Die existenziellen Erfahrungen werden es gewesen sein, die Verluste wie der Tod der Eltern, die Zerstörung der Oper, das Auseinanderfallen des Ensembles, die Niederschlag in Elfride Trötschels Interpretationen fanden – und die sie mit den Dresdnern der unmittelbaren Nachkriegszeit teilte.

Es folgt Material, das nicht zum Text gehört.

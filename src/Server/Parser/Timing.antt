-- ===== src/Server/Parser/Timing.antt =====
-- Bytes with their arrival times, and when the idle rule leaves the parser alone.
use k230_lr2021_radio.Prelude.{
  ℕ, suc, ◌≡◌, refl, ap, ◌∙◌, ◌≤◌, List, [], ◌∷◌, arith, sub32, Bool, true, false, ltb,
}
use k230_lr2021_radio.Server.Parser.{
  Parser, State, Action, nothing, on_byte, take_byte, on_state, resync,
}

abbrev pub emit : Action → List Action → List Action
emit nothing calls = calls
emit a calls = a ∷ calls

-- The loop of `pollOnce` over bytes, the byte number `i` arriving at `times i`, with the calls made.
unfoldable pub feed : (ℕ → ℕ) → ℕ → List ℕ → Parser → Parser × List Action
feed times i [] p = (p, [])
feed times i (b ∷ bs) p =
    let (p', a, _) = on_byte (times i) b p in
    let (p'', calls) = feed times (suc i) bs p' in (p'', emit a calls)

-- No two bytes are more than 100 ms apart.
abbrev pub IsPrompt : (ℕ → ℕ) → Type 0
IsPrompt times = (i : ℕ) → sub32 (times (suc i)) (times i) ≤ 100

-- Between two frames.
pub record IsIdle (p : Parser) : Type 0 where
  pub state : p.state ≡ State.tag
  pub skip : p.skip_remain ≡ 0

-- What a byte does that comes in time.
abbrev pub in_time : ℕ → ℕ → Parser → Parser × Action × Bool
in_time now b p =
    let (p', a) = on_state p.state b (record p { last_arrival_ms = now }) in (p', a, true)

pub resync_prompt :
    (now : ℕ) (p : Parser)
    → sub32 now p.last_arrival_ms ≤ 100
    → resync now p ≡ record p { last_arrival_ms = now }
unfolding resync
resync_prompt now p h = ground arith

resync_idle : (now : ℕ) (p : Parser) → IsIdle p → resync now p ≡ record p { last_arrival_ms = now }
unfolding resync
resync_idle now p idle = ground arith

taken :
    (b : ℕ) (p : Parser)
    → p.skip_remain ≡ 0
    → take_byte b p ≡ (let (p', a) = on_state p.state b p in (p', a, true))
unfolding take_byte
taken b p skip = let none_skipped : ltb 0 p.skip_remain ≡ false = ground arith in rw none_skipped

unskipped :
    (now b : ℕ) (p : Parser)
    → resync now p ≡ record p { last_arrival_ms = now }
    → p.skip_remain ≡ 0
    → on_byte now b p ≡ in_time now b p
unfolding on_byte
unskipped now b p e skip = ap (take_byte b) e ∙ taken b (record p { last_arrival_ms = now }) skip

pub on_byte_prompt :
    (now b : ℕ) (p : Parser)
    → sub32 now p.last_arrival_ms ≤ 100
    → p.skip_remain ≡ 0
    → on_byte now b p ≡ in_time now b p
on_byte_prompt now b p h skip = unskipped now b p (resync_prompt now p h) skip

pub on_byte_idle : (now b : ℕ) (p : Parser) → IsIdle p → on_byte now b p ≡ in_time now b p
on_byte_idle now b p idle = unskipped now b p (resync_idle now p idle) idle.skip

-- Inside a frame, when a byte comes at `now` and the one before it came in time.
pub record IsIn (s : State) (now : ℕ) (p : Parser) : Type 0 where
  pub state : p.state ≡ s
  pub skip : p.skip_remain ≡ 0
  pub recent : sub32 now p.last_arrival_ms ≤ 100

in_state :
    (s : State) (now b : ℕ) (p q : Parser) (a : Action)
    → p.state ≡ s
    → on_byte now b p ≡ in_time now b p
    → on_state s b (record p { last_arrival_ms = now }) ≡ (q, a)
    → on_byte now b p ≡ (q, a, true)
in_state s now b p q a e timely r =
    timely
    ∙ ap
        (λ t.
          let (p', c) = on_state t b (record p { last_arrival_ms = now }) in
          let out : Parser × Action × Bool = (p', c, true) in out)
        e
    ∙ ap (λ (t : Parser × Action). let out : Parser × Action × Bool = (t.0, t.1, true) in out) r

-- A byte in time goes through the case of the parser's state.
pub on_byte_in :
    (s : State) (now b : ℕ) (p q : Parser) (a : Action)
    → IsIn s now p
    → on_state s b (record p { last_arrival_ms = now }) ≡ (q, a)
    → on_byte now b p ≡ (q, a, true)
on_byte_in s now b p q a h r =
    in_state s now b p q a h.state (on_byte_prompt now b p h.recent h.skip) r

-- Between frames it does so whenever it comes.
pub on_byte_first :
    (now b : ℕ) (p q : Parser) (a : Action)
    → IsIdle p
    → on_state State.tag b (record p { last_arrival_ms = now }) ≡ (q, a)
    → on_byte now b p ≡ (q, a, true)
on_byte_first now b p q a h r = in_state State.tag now b p q a h.state (on_byte_idle now b p h) r

-- One byte, then the rest.
pub feed_step :
    (times : ℕ → ℕ) (i b : ℕ) (bs : List ℕ) (p q : Parser) (a : Action) {switched : Bool}
    → on_byte (times i) b p ≡ (q, a, switched)
    → feed times i (b ∷ bs) p ≡ ((feed times (suc i) bs q).0, emit a (feed times (suc i) bs q).1)
unfolding feed
feed_step times i b bs p q a e = rw e

-- Bytes that end between frames and make these calls, with no frame killed.
pub record Makes (calls : List Action) (p : Parser) (r : Parser × List Action) : Type 0 where
  pub idle : IsIdle r.0
  pub called : r.1 ≡ calls
  pub none_killed : r.0.parser_frames_killed ≡ p.parser_frames_killed

pub Makes-step :
    (times : ℕ → ℕ) (i b : ℕ) (bs : List ℕ) (p q : Parser) (a : Action) (calls : List Action)
    {switched : Bool}
    → on_byte (times i) b p ≡ (q, a, switched)
    → q.parser_frames_killed ≡ p.parser_frames_killed
    → Makes calls q (feed times (suc i) bs q)
    → Makes (emit a calls) p (feed times i (b ∷ bs) p)
Makes-step times i b bs p q a calls e k m =
    rw (feed_step times i b bs p q a e)
      (record { idle = m.idle; called = ap (emit a) m.called; none_killed = m.none_killed ∙ k })

pub Makes-end : (times : ℕ → ℕ) (i : ℕ) (p : Parser) → IsIdle p → Makes [] p (feed times i [] p)
unfolding feed
Makes-end times i p h = record { idle = h; called = refl; none_killed = refl }

module _ (times : ℕ → ℕ) (prompt : IsPrompt times) where
  pub next-IsIn :
      (s : State) (i : ℕ) (p : Parser)
      → p.state ≡ s
      → p.skip_remain ≡ 0
      → p.last_arrival_ms ≡ times i
      → IsIn s (times (suc i)) p
  next-IsIn s i p e skip arrival = record {
    state = e;
    skip = skip;
    recent = omega (arith, prompt i);
  }

  -- The first byte of a command, and a byte that follows in time.
  pub first :
      (i b : ℕ) (bs : List ℕ) (p q : Parser) (calls : List Action)
      → IsIdle p
      → on_state State.tag b (record p { last_arrival_ms = times i }) ≡ (q, nothing)
      → q.parser_frames_killed ≡ p.parser_frames_killed
      → Makes calls q (feed times (suc i) bs q)
      → Makes calls p (feed times i (b ∷ bs) p)
  first i b bs p q calls idle e k m =
      Makes-step times i b bs p q nothing calls (on_byte_first (times i) b p q nothing idle e) k m

  pub then_ :
      (s : State) (i b : ℕ) (bs : List ℕ) (p q : Parser) (calls : List Action)
      → IsIn s (times (suc i)) p
      → on_state s b (record p { last_arrival_ms = times (suc i) }) ≡ (q, nothing)
      → q.parser_frames_killed ≡ p.parser_frames_killed
      → Makes calls q (feed times (suc (suc i)) bs q)
      → Makes calls p (feed times (suc i) (b ∷ bs) p)
  then_ s i b bs p q calls h e k m =
      Makes-step times (suc i) b bs p q nothing calls
        (on_byte_in s (times (suc i)) b p q nothing h e) k m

Am 20. Juni 1958 ist Elfride Trötschel im Alter von nur 44 Jahren gestorben. Dass sie bis heute lebhaft erinnert wird, zeigt sich nicht zuletzt darin, dass die Wiederkehr ihres Todestages regelmäßig begangen wird – heute zum 60. Todestag beispielsweise mit einer Gedenkveranstaltung auf dem Cottaer Friedhof.
Bild 1: Porträt der Kammersängerin Elfride Trötschel in ihrer Wohnung (SLUB/Deutsche Fotothek)
Bild 2: Zar und Zimmermann / Elfride Trötschel (SLUB/Deutsche Fotothek)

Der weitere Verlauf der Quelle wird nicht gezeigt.